ASSIGNMENT
Identify each line below that contains the word "refl", and copy it out.
*** AVAILABLE DATA ***
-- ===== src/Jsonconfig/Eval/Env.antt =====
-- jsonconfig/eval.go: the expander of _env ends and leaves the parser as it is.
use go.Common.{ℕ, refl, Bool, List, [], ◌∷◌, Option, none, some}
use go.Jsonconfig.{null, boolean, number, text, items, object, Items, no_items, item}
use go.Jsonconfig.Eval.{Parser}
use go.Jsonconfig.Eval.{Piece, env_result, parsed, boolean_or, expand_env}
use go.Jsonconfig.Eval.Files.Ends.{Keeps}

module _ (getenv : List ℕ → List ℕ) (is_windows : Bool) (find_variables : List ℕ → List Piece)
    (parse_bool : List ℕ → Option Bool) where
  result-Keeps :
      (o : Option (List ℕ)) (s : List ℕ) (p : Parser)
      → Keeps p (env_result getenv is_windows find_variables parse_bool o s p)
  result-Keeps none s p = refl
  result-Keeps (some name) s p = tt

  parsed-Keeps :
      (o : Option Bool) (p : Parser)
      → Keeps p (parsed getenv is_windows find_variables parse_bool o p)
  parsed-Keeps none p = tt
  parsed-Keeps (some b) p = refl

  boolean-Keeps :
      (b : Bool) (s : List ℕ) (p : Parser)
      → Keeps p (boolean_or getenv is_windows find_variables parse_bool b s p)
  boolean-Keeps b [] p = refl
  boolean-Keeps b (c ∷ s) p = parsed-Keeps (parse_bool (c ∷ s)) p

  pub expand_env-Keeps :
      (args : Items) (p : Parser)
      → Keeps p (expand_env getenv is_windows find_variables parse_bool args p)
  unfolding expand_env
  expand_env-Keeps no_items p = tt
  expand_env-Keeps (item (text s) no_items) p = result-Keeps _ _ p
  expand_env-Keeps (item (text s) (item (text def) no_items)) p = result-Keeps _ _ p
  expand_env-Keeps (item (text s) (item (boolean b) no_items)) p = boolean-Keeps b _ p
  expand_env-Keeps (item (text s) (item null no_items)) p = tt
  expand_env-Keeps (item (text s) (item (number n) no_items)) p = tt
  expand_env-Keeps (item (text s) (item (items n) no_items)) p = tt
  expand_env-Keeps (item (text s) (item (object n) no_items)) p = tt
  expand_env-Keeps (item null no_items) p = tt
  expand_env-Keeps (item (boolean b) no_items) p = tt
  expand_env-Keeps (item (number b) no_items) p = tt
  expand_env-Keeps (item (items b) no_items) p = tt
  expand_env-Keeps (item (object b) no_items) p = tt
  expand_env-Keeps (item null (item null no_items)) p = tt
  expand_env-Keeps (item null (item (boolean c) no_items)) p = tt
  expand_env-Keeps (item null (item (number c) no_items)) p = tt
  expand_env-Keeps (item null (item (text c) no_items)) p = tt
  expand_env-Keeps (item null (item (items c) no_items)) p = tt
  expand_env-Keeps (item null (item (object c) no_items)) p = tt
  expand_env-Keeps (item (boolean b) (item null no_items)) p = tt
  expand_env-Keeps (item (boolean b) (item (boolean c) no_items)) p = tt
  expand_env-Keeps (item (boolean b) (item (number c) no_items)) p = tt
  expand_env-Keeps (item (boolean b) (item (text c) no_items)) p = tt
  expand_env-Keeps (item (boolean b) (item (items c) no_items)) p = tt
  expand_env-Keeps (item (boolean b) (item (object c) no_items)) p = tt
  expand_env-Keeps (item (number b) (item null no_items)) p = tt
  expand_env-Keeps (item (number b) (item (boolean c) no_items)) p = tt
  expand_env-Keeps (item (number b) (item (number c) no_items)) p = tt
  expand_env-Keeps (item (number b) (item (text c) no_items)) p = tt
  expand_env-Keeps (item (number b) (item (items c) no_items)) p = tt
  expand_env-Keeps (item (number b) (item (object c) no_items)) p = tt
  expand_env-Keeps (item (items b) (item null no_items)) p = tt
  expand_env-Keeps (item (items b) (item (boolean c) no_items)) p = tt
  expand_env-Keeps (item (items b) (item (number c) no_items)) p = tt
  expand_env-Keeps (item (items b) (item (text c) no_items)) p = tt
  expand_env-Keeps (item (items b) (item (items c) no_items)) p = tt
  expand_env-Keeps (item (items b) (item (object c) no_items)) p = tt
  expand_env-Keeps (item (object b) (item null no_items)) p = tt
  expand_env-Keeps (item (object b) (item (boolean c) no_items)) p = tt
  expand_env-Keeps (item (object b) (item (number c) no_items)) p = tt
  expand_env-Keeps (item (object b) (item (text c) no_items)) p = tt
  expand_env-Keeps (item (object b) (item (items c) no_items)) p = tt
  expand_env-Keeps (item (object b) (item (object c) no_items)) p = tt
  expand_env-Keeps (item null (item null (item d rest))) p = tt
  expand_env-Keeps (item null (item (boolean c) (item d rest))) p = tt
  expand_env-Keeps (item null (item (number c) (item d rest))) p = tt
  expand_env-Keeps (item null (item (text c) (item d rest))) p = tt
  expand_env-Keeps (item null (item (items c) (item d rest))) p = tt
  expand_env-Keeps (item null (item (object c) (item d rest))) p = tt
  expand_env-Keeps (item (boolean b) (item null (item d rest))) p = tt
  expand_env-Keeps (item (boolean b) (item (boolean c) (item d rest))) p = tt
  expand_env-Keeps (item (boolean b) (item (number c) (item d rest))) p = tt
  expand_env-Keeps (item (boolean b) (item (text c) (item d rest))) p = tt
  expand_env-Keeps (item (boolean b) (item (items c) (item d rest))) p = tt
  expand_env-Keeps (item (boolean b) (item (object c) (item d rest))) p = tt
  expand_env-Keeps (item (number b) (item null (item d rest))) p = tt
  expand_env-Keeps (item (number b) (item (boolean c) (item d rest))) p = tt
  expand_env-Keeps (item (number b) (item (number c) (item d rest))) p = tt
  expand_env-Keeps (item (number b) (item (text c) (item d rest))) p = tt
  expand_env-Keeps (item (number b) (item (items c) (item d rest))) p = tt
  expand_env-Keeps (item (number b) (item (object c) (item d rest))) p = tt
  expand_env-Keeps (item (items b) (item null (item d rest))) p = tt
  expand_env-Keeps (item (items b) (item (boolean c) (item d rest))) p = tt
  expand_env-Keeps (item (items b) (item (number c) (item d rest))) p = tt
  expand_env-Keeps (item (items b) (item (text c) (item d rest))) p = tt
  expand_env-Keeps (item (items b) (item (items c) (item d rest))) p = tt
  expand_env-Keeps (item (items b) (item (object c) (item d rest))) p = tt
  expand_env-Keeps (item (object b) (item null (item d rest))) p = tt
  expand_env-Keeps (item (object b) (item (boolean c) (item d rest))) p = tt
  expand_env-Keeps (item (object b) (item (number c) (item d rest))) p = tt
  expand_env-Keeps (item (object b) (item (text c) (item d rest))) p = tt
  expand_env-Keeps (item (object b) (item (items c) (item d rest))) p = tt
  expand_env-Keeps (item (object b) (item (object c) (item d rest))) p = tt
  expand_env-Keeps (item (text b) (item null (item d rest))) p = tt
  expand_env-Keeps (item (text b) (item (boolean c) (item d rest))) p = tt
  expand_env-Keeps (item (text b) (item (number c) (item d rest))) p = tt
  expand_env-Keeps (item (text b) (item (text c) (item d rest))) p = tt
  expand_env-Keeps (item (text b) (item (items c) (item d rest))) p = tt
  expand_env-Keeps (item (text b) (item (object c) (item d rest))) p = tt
*** End of AVAILABLE DATA ***
RESPONSE TO THIS TASK
use go.Common.{ℕ, refl, Bool, List, [], ◌∷◌, Option, none, some}
  result-Keeps none s p = refl
  parsed-Keeps (some b) p = refl
  boolean-Keeps b [] p = refl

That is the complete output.